- EXERCISE PROMPT: When you find the line with "unfoldable pub strings_loop" among the records below, reproduce it and each line after it exactly, ending with the line with "if is_empty s".

[Stored data]
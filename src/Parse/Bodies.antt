-- ===== src/Parse/Bodies.antt =====
-- The parse functions of src/messages.cpp, one for each message of the server that has fields.
-- What a parse that fails leaves in its output is not modelled: all callers drop it.
use nativepg.Prelude.{
  ℕ, zero, suc, ◌+◌, ◌-◌, ◌*◌, ℤ, pos, negsuc, Bool, true, false, not, ◌&&◌, ◌||◌, List, [], ◌∷◌,
  Option, none, some, ◌⊎◌, inl, inr, if◌then◌else◌, length, take, ◌==◌,
}
use nativepg.Protocol.{Error, ErrorCode, client, protocol_value_error, extra_bytes}
use nativepg.Wire.{Endian}
use nativepg.Wire.Bind.{FormatCode, text, binary}
use nativepg.Parse.{
  Parser, parse_context, ◌>>=◌, ◌>>◌, return, first, add_error, get_byte, get_int16, get_int32,
  get_nonnegative_int16, get_nonnegative_int32, get_string, check_size_and_advance, take_bytes,
  check,
}
use nativepg.Parse.Messages.{
  ForwardView, RandomAccessView, TransactionStatus, idle, in_transaction, failed, other,
  BackendKeyData, CopyResponse, NegotiateProtocolVersion, NotificationResponse, ParameterStatus,
}

-- `return ctx.check()`
abbrev pub finish_with : {A : Type 0} → ErrorCode → A → Error ⊎ A
finish_with none a = inr a
finish_with (some e) a = inl e

abbrev pub run_parser : {A : Type 0} → Parser A → List ℕ → Error ⊎ A
run_parser m body = let (a, c) = m (parse_context body) in finish_with (check c) a

-- check_empty
unfoldable pub check_empty : {A : Type 0} → A → List ℕ → Error ⊎ A
check_empty a [] = inr a
check_empty a (b ∷ bytes) = inl (client extra_bytes)

-- The span between two calls of first(), of which the second is what is left of the first.
abbrev pub span_between : List ℕ → List ℕ → List ℕ
span_between begin rest = take (length begin - length rest) begin

abbrev pub add_error_if : Bool → Parser (Unit {0})
add_error_if true = add_error (some (client protocol_value_error))
add_error_if false = return tt

unfoldable pub transaction_status : ℕ → TransactionStatus
transaction_status b =
    if b == b'I'
    then idle
    else if b == b'T'
    then in_transaction
    else if b == b'E'
    then failed
    else other b

unfoldable pub is_valid_status : TransactionStatus → Bool
is_valid_status (other b) = false
is_valid_status _ = true

unfoldable pub parse_ready_for_query : List ℕ → Error ⊎ TransactionStatus
unfolding transaction_status is_valid_status
parse_ready_for_query = run_parser (do
  b ← get_byte
  let status = transaction_status b
  add_error_if (not (is_valid_status status))
  return status)

unfoldable pub parse_authentication_md5_password : List ℕ → Error ⊎ List ℕ
parse_authentication_md5_password = run_parser (take_bytes 4 (0 ∷ 0 ∷ 0 ∷ 0 ∷ []))

abbrev pub is_empty : List ℕ → Bool
is_empty [] = true
is_empty (b ∷ bytes) = false

-- `while (!ctx.get_string().empty()) ++num_items`. Each round but the last takes a byte, so that as
-- many rounds as there are bytes leave only the last one.
unfoldable pub strings_loop : ℕ → ℕ → Parser ℕ
strings_loop zero num_items = do s ← get_string; return num_items
strings_loop (suc fuel) num_items = do
  s ← get_string
  let rest = strings_loop fuel (num_items + 1)
  if is_empty s then return num_items else rest

unfoldable pub sasl_parser : ℕ → Parser ForwardView
unfolding strings_loop
sasl_parser fuel = do
  mechanisms_first ← first
  num_items ← strings_loop fuel 0
  current ← first
  let used : ℕ = length mechanisms_first - length current
  return (record { size = num_items; span = take (used - 1) mechanisms_first })

unfoldable pub parse_authentication_sasl : List ℕ → Error ⊎ ForwardView
unfolding sasl_parser
parse_authentication_sasl body = run_parser (sasl_parser (length body)) body

unfoldable pub parse_command_complete : List ℕ → Error ⊎ List ℕ
parse_command_complete = run_parser get_string

abbrev pub get_strings : ℕ → Parser (Unit {0})
get_strings zero = return tt
get_strings (suc n) = do s ← get_string; get_strings n

-- A format code, if it is one.
unfoldable pub format_code : ℤ → Option FormatCode
format_code (pos zero) = some text
format_code (pos (suc zero)) = some binary
format_code _ = none

abbrev pub is_text : Option FormatCode → Bool
is_text (some text) = true
is_text _ = false

abbrev pub is_valid_format_code : Option FormatCode → Bool
is_valid_format_code none = false
is_valid_format_code (some c) = true

abbrev pub no_copy_response : CopyResponse
no_copy_response = record { overall_fmt_code = text; fmt_codes = record { memory = []; size = 0 } }

module _ (endian : Endian) where
  unfoldable pub parse_backend_key_data : List ℕ → Error ⊎ BackendKeyData
  parse_backend_key_data = run_parser (do
    p ← get_int32 endian
    k ← get_int32 endian
    return (record { process_id = p; secret_key = k }))

  unfoldable pub fmt_codes_loop : Bool → ℕ → Parser (Unit {0})
  unfolding format_code
  fmt_codes_loop should_be_text zero = return tt
  fmt_codes_loop should_be_text (suc n) = do
    z ← get_int16 endian
    let code = format_code z
    add_error_if (should_be_text && not (is_text code) || not (is_valid_format_code code))
    fmt_codes_loop should_be_text n

  unfoldable pub copy_response_of : Option FormatCode → Parser CopyResponse
  unfolding fmt_codes_loop
  copy_response_of none = do add_error (some (client protocol_value_error)); return no_copy_response
  copy_response_of (some overall_code) = do
    num_items ← get_nonnegative_int16 endian
    fmt_codes_first ← first
    fmt_codes_loop (is_text (some overall_code)) num_items
    return (record {
      overall_fmt_code = overall_code;
      fmt_codes = record { memory = fmt_codes_first; size = num_items };
    })

  unfoldable pub copy_parser : Parser CopyResponse
  unfolding copy_response_of
  copy_parser = do b ← get_byte; copy_response_of (format_code (pos b))

  unfoldable pub parse_copy_response : List ℕ → Error ⊎ CopyResponse
  unfolding copy_parser
  parse_copy_response = run_parser copy_parser

  abbrev pub check_column : ℤ → Parser (Unit {0})
  check_column (pos n) = check_size_and_advance n
  check_column (negsuc zero) = return tt
  check_column (negsuc (suc n)) = add_error (some (client protocol_value_error))

  unfoldable pub columns_loop : ℕ → Parser (Unit {0})
  columns_loop zero = return tt
  columns_loop (suc n) = do value_size ← get_int32 endian; check_column value_size; columns_loop n

  unfoldable pub data_row_parser : Parser ForwardView
  unfolding columns_loop
  data_row_parser = do
    num_columns ← get_nonnegative_int16 endian
    values_begin ← first
    columns_loop num_columns
    values_end ← first
    return (record { size = num_columns; span = span_between values_begin values_end })

  unfoldable pub parse_data_row : List ℕ → Error ⊎ ForwardView
  unfolding data_row_parser
  parse_data_row = run_parser data_row_parser

  unfoldable pub negotiate_parser : Parser NegotiateProtocolVersion
  negotiate_parser = do
    minor ← get_nonnegative_int32 endian
    num_ops ← get_nonnegative_int32 endian
    opts_first ← first
    get_strings num_ops
    opts_last ← first
    return (record {
      minor_version = minor;
      non_recognized_options = record { size = num_ops; span = span_between opts_first opts_last };
    })

  unfoldable pub parse_negotiate_protocol_version : List ℕ → Error ⊎ NegotiateProtocolVersion
  unfolding negotiate_parser
  parse_negotiate_protocol_version = run_parser negotiate_parser

  unfoldable pub parse_notification_response : List ℕ → Error ⊎ NotificationResponse
  parse_notification_response = run_parser (do
    p ← get_int32 endian
    c ← get_string
    s ← get_string
    return (record { process_id = p; channel_name = c; payload = s }))

  -- The output has no name in the source: its view stays the empty one.
  unfoldable pub parse_parameter_description : List ℕ → Error ⊎ RandomAccessView
  parse_parameter_description = run_parser (do
    num_params ← get_nonnegative_int16 endian
    check_size_and_advance (num_params * 4)
    return (record { memory = []; size = 0 }))

  -- A field description: its name, the fixed fields up to the format code, and that.
  unfoldable pub descriptions_loop : ℕ → Parser (Unit {0})
  unfolding format_code
  descriptions_loop zero = return tt
  descriptions_loop (suc n) = do
    s ← get_string
    check_size_and_advance 16
    z ← get_int16 endian
    add_error_if (not (is_valid_format_code (format_code z)))
    descriptions_loop n

  unfoldable pub row_description_parser : Parser ForwardView
  unfolding descriptions_loop
  row_description_parser = do
    num_items ← get_nonnegative_int16 endian
    data_first ← first
    descriptions_loop num_items
    data_last ← first
    return (record { size = num_items; span = span_between data_first data_last })

  unfoldable pub parse_row_description : List ℕ → Error ⊎ ForwardView
  unfolding row_description_parser
  parse_row_description = run_parser row_description_parser

unfoldable pub parse_parameter_status : List ℕ → Error ⊎ ParameterStatus
parse_parameter_status =
    run_parser (do n ← get_string; v ← get_string; return (record { name = n; value = v }))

- WRITTEN REPLY:
unfoldable pub strings_loop : ℕ → ℕ → Parser ℕ
strings_loop zero num_items = do s ← get_string; return num_items
strings_loop (suc fuel) num_items = do
  s ← get_string
  let rest = strings_loop fuel (num_items + 1)
  if is_empty s then return num_items else rest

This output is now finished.